18. What did you do immediately after hearing that you were being published for the very first time?
I wanted to tell my husband but he was away on a business trip to Dallas so I ran next door to tell my neighbours whom I hardly knew because they had just moved in. They were startled because I was not wearing any make-up and was still in my pyjamas. 
 

19. How do you decide which narrative point of view to write from?
My first two novels (yet to see the light of day) were in 1st person because I found it intimate and fun. Also with 1st person, it is almost impossible to veer off course and slip into 3rd person. Now, I write in limited third person because I find it gives me more freedom. also, I like to write from multiple points of view.
 

20. What is the best gift someone could give a writer?

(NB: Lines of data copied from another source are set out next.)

-- ===== src/Decimal.antt =====
-- decimal.Decimal in the default context: 28 significant digits, ties to even. The context's limits on
-- the exponent, from -999999 to 999999, are left out, with the Overflow that is raised beyond them and
-- the subnormal numbers below: what is said of results holds for numbers that stay within them, and
-- where a result is promised, it is for moderate numbers (Backtest/Rows), from which a backtest
-- computes none beyond them.
pub mod Format
pub mod Signs
pub mod Size
use funding_tool.Prelude.{
  ℕ, zero, suc, ◌+◌, ◌-◌, ◌*◌, ◌/◌, ◌%◌, ◌^◌, Bool, true, false, not, ◌&&◌, ltb, ◌==◌,
  if◌then◌else◌, List, [], ◌∷◌,
}
use funding_tool.Prelude.Int.{ℤ, pos, pos_part, ◌+ℤ◌, ◌-ℤ◌, min_ℤ}
use funding_tool.Errors.{Result, ok, err, division_by_zero, invalid_operation}
use funding_tool.Rounding.{round_div}

-- (-1) ^ neg * coeff * 10 ^ exp; a zero keeps its sign and exponent.
pub record Decimal : Type 0 where
  pub neg : Bool
  pub coeff : ℕ
  pub exp : ℤ

abbrev pub from_nat : ℕ → Decimal
from_nat n = record { neg = false; coeff = n; exp = pos 0 }

abbrev pub opposite : Bool → Bool → Bool
opposite true b = not b
opposite false b = b

-- The digits of a number, and how many stand beyond the 28 that the context keeps.
unfoldable pub digits : ℕ → ℕ → ℕ
digits zero c = 1
digits (suc fuel) c = let more = digits fuel (c / 10) in if ltb c 10 then 1 else suc more

unfoldable pub excess : ℕ → ℕ
excess c = digits c c - 28

-- A coefficient and its exponent, rounded to the context's precision.
unfoldable pub rounded : ℕ → ℤ → ℕ × ℤ
rounded c e =
    let n = excess c in
    let q = round_div c (10 ^ n) in
    if n == 0 then (c, e) else if q == 10 ^ 28 then (10 ^ 27, e +ℤ pos (n + 1)) else (q, e +ℤ pos n)

unfoldable pub fix : Decimal → Decimal
fix d = let (c, e) = rounded d.coeff d.exp in record { neg = d.neg; coeff = c; exp = e }

-- The sum of two signed numbers of one exponent; two that cancel give a positive zero.
unfoldable pub signed_sum : Bool → ℕ → Bool → ℕ → Bool × ℕ
signed_sum s x t y =
    if opposite s t
    then if x == y then (false, 0) else if ltb y x then (s, x - y) else (t, y - x)
    else (s, x + y)

-- The coefficient of `d` at an exponent that is not above its own.
unfoldable pub aligned : Decimal → ℤ → ℕ
aligned d e = d.coeff * 10 ^ pos_part (d.exp -ℤ e)

unfoldable pub add : Decimal → Decimal → Decimal
add a b =
    let e = min_ℤ a.exp b.exp in
    let (s, c) = signed_sum a.neg (aligned a e) b.neg (aligned b e) in
    fix (record { neg = s; coeff = c; exp = e })

unfoldable pub mul : Decimal → Decimal → Decimal
mul a b =
    fix (record { neg = opposite a.neg b.neg; coeff = a.coeff * b.coeff; exp = a.exp +ℤ b.exp })

-- Takes off at most `n` trailing zeros; the second part counts those that were taken.
unfoldable pub strip : ℕ → ℕ → ℕ × ℕ
strip zero c = (c, 0)
strip (suc n) c =
    let rest = strip n (c / 10) in if c % 10 == 0 then (rest.0, suc rest.1) else (c, 0)

-- An inexact quotient that ends in 0 or 5 gets a last digit that shows on which side it lies.
unfoldable pub sticky : ℕ → ℕ → ℕ
sticky q r = if r == 0 then q else if q % 5 == 0 then q + 1 else q

-- The quotient of two numbers that are not zero, 28 digits and one more.
unfoldable pub quotient : Bool → ℕ → ℕ → ℤ → Decimal
quotient s a b ideal =
    let la = digits a a in
    let lb = digits b b + 29 in
    let up = lb - la in
    let n = a * 10 ^ up in
    let d = b * 10 ^ (la - lb) in
    let (c, k) = strip up (n / d) in
    if n % d == 0
    then record { neg = s; coeff = c; exp = ideal +ℤ pos (la - lb) -ℤ pos (up - k) }
    else record { neg = s; coeff = sticky (n / d) (n % d); exp = ideal +ℤ pos (la - lb) -ℤ pos up }

unfoldable pub div : Decimal → Decimal → Result Decimal
div a b =
    if b.coeff == 0
    then err (if a.coeff == 0 then invalid_operation else division_by_zero)
    else if a.coeff == 0
    then ok (fix (record { neg = opposite a.neg b.neg; coeff = 0; exp = a.exp -ℤ b.exp }))
    else ok (fix (quotient (opposite a.neg b.neg) a.coeff b.coeff (a.exp -ℤ b.exp)))

-- sum(xs, Decimal("0"))
unfoldable pub sum_from : Decimal → List Decimal → Decimal
sum_from acc [] = acc
sum_from acc (x ∷ xs) = sum_from (add acc x) xs

-- x > 0
unfoldable pub is_positive : Decimal → Bool
is_positive d = not d.neg && not (d.coeff == 0)

-- The lowest exponent of a list, 0 among them.
unfoldable pub lowest : List Decimal → ℤ
lowest [] = pos 0
lowest (x ∷ xs) = min_ℤ x.exp (lowest xs)

-- The exact sum of a list, in units of 10 ^ e.
unfoldable pub exact_sum : ℤ → Bool × ℕ → List Decimal → Bool × ℕ
exact_sum e acc [] = acc
exact_sum e acc (x ∷ xs) = exact_sum e (signed_sum acc.0 acc.1 x.neg (aligned x e)) xs

-- statistics.mean: the exact sum as a fraction over the count, rounded once by the division.
unfoldable pub mean : ℕ → List Decimal → Result Decimal
mean n xs =
    let e = lowest xs in
    let (s, c) = exact_sum e (false, 0) xs in
    div (record { neg = s; coeff = c; exp = pos 0 }) (from_nat (n * 10 ^ pos_part (pos 0 -ℤ e)))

At first I was going to say ‘time’, but now I think a German Shepherd. Our dog, Maggie, died in August and now I just sit at the computer trying to write, remembering what a patient, steady buddy she was. I used to read aloud to her. If she continued snoozing, I knew revisions were in order. If she looked up, wriggled her eyebrows and thumped her tail, I knew I was on the right track.